### Task details:
Which lines in the data below contain the word "digests"? Pull each of them out.

########################################

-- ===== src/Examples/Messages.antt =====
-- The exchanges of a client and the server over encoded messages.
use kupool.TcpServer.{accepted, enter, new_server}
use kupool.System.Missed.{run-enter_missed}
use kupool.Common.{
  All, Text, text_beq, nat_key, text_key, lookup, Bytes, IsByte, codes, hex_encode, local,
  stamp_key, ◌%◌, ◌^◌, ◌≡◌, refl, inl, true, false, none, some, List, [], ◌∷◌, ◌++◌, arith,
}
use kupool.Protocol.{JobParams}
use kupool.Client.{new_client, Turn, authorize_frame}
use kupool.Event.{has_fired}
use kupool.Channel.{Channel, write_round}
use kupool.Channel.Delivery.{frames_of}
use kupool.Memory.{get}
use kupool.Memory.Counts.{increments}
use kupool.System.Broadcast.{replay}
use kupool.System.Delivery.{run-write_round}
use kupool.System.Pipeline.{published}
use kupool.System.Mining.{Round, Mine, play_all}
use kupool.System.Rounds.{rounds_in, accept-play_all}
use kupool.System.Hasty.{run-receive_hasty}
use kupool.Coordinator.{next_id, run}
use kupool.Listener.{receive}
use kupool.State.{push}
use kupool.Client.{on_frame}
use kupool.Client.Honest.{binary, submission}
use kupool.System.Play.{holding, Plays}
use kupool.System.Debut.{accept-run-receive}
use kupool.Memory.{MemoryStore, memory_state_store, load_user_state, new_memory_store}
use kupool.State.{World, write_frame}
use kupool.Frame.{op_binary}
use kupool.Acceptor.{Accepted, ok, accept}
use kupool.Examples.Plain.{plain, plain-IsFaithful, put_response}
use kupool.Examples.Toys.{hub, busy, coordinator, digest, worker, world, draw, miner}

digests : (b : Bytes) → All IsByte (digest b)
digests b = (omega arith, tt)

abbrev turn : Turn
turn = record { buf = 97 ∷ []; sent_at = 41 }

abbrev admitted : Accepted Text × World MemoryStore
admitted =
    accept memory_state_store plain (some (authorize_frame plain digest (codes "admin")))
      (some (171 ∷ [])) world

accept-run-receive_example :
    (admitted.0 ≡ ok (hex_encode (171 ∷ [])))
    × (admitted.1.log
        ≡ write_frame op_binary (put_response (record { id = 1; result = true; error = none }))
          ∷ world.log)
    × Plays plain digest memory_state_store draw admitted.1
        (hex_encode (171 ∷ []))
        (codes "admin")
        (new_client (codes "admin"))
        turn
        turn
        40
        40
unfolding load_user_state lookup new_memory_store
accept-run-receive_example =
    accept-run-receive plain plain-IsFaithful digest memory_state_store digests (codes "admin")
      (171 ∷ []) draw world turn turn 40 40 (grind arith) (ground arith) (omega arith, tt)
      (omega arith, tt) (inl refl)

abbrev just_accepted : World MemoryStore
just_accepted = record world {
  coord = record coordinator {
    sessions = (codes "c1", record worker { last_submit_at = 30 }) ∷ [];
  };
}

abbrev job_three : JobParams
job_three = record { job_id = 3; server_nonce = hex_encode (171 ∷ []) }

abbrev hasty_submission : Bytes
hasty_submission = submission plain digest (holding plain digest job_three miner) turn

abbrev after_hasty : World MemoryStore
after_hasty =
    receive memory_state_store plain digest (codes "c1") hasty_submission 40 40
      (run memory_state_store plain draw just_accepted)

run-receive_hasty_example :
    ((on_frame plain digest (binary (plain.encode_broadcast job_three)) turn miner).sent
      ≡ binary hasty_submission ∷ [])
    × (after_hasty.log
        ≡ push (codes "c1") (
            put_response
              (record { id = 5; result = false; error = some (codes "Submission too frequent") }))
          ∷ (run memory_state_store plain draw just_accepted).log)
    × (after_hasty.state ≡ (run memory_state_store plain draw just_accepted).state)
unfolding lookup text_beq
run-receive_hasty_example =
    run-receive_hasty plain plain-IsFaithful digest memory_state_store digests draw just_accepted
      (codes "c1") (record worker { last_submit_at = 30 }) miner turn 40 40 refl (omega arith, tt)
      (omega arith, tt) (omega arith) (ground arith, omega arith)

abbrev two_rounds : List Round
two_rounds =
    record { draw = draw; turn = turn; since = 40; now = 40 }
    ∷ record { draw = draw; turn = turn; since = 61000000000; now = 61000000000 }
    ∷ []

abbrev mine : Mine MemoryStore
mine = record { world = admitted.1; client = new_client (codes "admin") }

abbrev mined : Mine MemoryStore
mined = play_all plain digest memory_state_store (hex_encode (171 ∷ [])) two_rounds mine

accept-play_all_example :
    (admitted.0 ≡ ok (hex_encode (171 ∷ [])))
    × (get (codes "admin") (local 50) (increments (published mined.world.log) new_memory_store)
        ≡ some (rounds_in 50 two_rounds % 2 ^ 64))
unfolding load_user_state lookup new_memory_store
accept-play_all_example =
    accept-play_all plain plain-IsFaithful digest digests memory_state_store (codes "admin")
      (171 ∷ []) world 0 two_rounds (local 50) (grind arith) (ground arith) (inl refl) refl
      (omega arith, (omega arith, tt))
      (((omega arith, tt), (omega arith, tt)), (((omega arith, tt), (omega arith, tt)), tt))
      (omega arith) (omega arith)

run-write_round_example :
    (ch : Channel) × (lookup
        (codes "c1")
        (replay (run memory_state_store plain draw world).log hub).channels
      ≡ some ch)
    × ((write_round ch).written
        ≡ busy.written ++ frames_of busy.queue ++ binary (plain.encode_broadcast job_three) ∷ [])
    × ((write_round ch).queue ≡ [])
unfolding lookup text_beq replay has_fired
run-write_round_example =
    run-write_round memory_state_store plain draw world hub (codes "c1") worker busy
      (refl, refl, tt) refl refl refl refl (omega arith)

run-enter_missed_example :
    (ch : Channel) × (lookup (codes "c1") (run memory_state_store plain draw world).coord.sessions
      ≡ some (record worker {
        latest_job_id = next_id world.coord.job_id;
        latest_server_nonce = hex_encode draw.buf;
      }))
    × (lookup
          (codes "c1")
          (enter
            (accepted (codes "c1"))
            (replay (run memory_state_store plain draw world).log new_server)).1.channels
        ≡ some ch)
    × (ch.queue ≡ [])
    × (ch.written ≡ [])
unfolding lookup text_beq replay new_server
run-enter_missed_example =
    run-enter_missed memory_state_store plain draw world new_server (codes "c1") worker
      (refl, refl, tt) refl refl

########################################

### Solution to this problem:
digests : (b : Bytes) → All IsByte (digest b)
digests b = (omega arith, tt)
    accept-run-receive plain plain-IsFaithful digest memory_state_store digests (codes "admin")
    run-receive_hasty plain plain-IsFaithful digest memory_state_store digests draw just_accepted
    accept-play_all plain plain-IsFaithful digest digests memory_state_store (codes "admin")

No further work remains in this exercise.